*** Opening Material for this exercise ***

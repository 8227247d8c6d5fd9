-- ===== src/Tests/Units.antt =====
-- A concrete `double` for the tests: a signed number of 10^-12ths, and one that is no number.
use mega_os.Prelude.{
  ℕ, zero, suc, ◌+◌, ◌-◌, ◌*◌, ◌/◌, ◌%◌, ◌^◌, Bool, true, false, not, ◌||◌, ltb, leb, ◌==◌,
  if◌then◌else◌, ℤ, pos, negsuc,
}
use mega_os.Printf.Double.{Double}

pub data Units : Type 0 where
  no_number : Units
  signed : Bool → ℕ → Units

abbrev pub one : ℕ
one = 10 ^ 12

abbrev less : Units → Units → Bool
less (signed false m) (signed false n) = ltb m n
less (signed false m) (signed true n) = false
less (signed true m) (signed false n) = not (m == 0) || not (n == 0)
less (signed true m) (signed true n) = ltb n m
less _ _ = false

abbrev same : Units → Units → Bool
same (signed b m) (signed c n) = m == n
same _ _ = false

abbrev negated : Units → Units
negated (signed b m) = signed (not b) m
negated x = x

-- `m - n`
abbrev minus : ℕ → ℕ → Units
minus m n = if leb n m then signed false (m - n) else signed true (n - m)

abbrev sum : Units → Units → Units
sum (signed false m) (signed false n) = signed false (m + n)
sum (signed true m) (signed true n) = signed true (m + n)
sum (signed false m) (signed true n) = minus m n
sum (signed true m) (signed false n) = minus n m
sum _ _ = no_number

abbrev xor : Bool → Bool → Bool
xor true b = not b
xor false b = b

abbrev product : Units → Units → Units
product (signed b m) (signed c n) = signed (xor b c) (m * n / one)
product _ _ = no_number

abbrev quotient : Units → Units → Units
quotient (signed b m) (signed c n) = signed (xor b c) (m * one / n)
quotient _ _ = no_number

abbrev amount : Units → ℕ
amount (signed b m) = m
amount x = 0

abbrev of_integer : ℤ → Units
of_integer (pos n) = signed false (n * one)
of_integer (negsuc n) = signed true (suc n * one)

abbrev to_integer : Units → ℤ
to_integer (signed true m) = if m / one == 0 then pos 0 else negsuc (m / one - 1)
to_integer x = pos (amount x / one)

-- The binary exponent of a number of at least one.
unfoldable pub log2 : ℕ → ℕ → ℕ
log2 zero n = 0
log2 (suc fuel) n = let rest = log2 fuel (n / 2) in if ltb n 2 then 0 else suc rest

abbrev pub to_bits : Units → ℕ
to_bits x =
    let e = log2 64 (amount x / one) in
    (1023 + e) * 2 ^ 52 + amount x * 2 ^ 52 / (2 ^ e * one) % 2 ^ 52

abbrev from_bits : ℕ → Units
from_bits n = signed false ((2 ^ 52 + n % 2 ^ 52) * 2 ^ (n / 2 ^ 52 - 1023) * one / 2 ^ 52)

instance abbrev pub decimal_double : Double Units
decimal_double = record {
  literal = λ m k. signed false (m * one / 10 ^ k);
  dbl_max = signed false (10 ^ 30);
  lt = less;
  eq = same;
  neg = negated;
  add = sum;
  sub = λ x y. sum x (negated y);
  mul = product;
  div = quotient;
  of_nat = λ n. signed false (n * one);
  of_int = of_integer;
  truncated = λ x. amount x / one;
  to_int = to_integer;
  bits = to_bits;
  of_bits = from_bits;
}

-- `m / 10^k`
abbrev pub decimal : ℕ → ℕ → Units
decimal m k = signed false (m * one / 10 ^ k)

*** Closing Material for this exercise ***

# What the task requires
From the entries above, extract only the lines running from the one containing "-- A concrete" through the one containing "no_number : Units", inclusive.

# Solution
-- A concrete `double` for the tests: a signed number of 10^-12ths, and one that is no number.
use mega_os.Prelude.{
  ℕ, zero, suc, ◌+◌, ◌-◌, ◌*◌, ◌/◌, ◌%◌, ◌^◌, Bool, true, false, not, ◌||◌, ltb, leb, ◌==◌,
  if◌then◌else◌, ℤ, pos, negsuc,
}
use mega_os.Printf.Double.{Double}

pub data Units : Type 0 where
  no_number : Units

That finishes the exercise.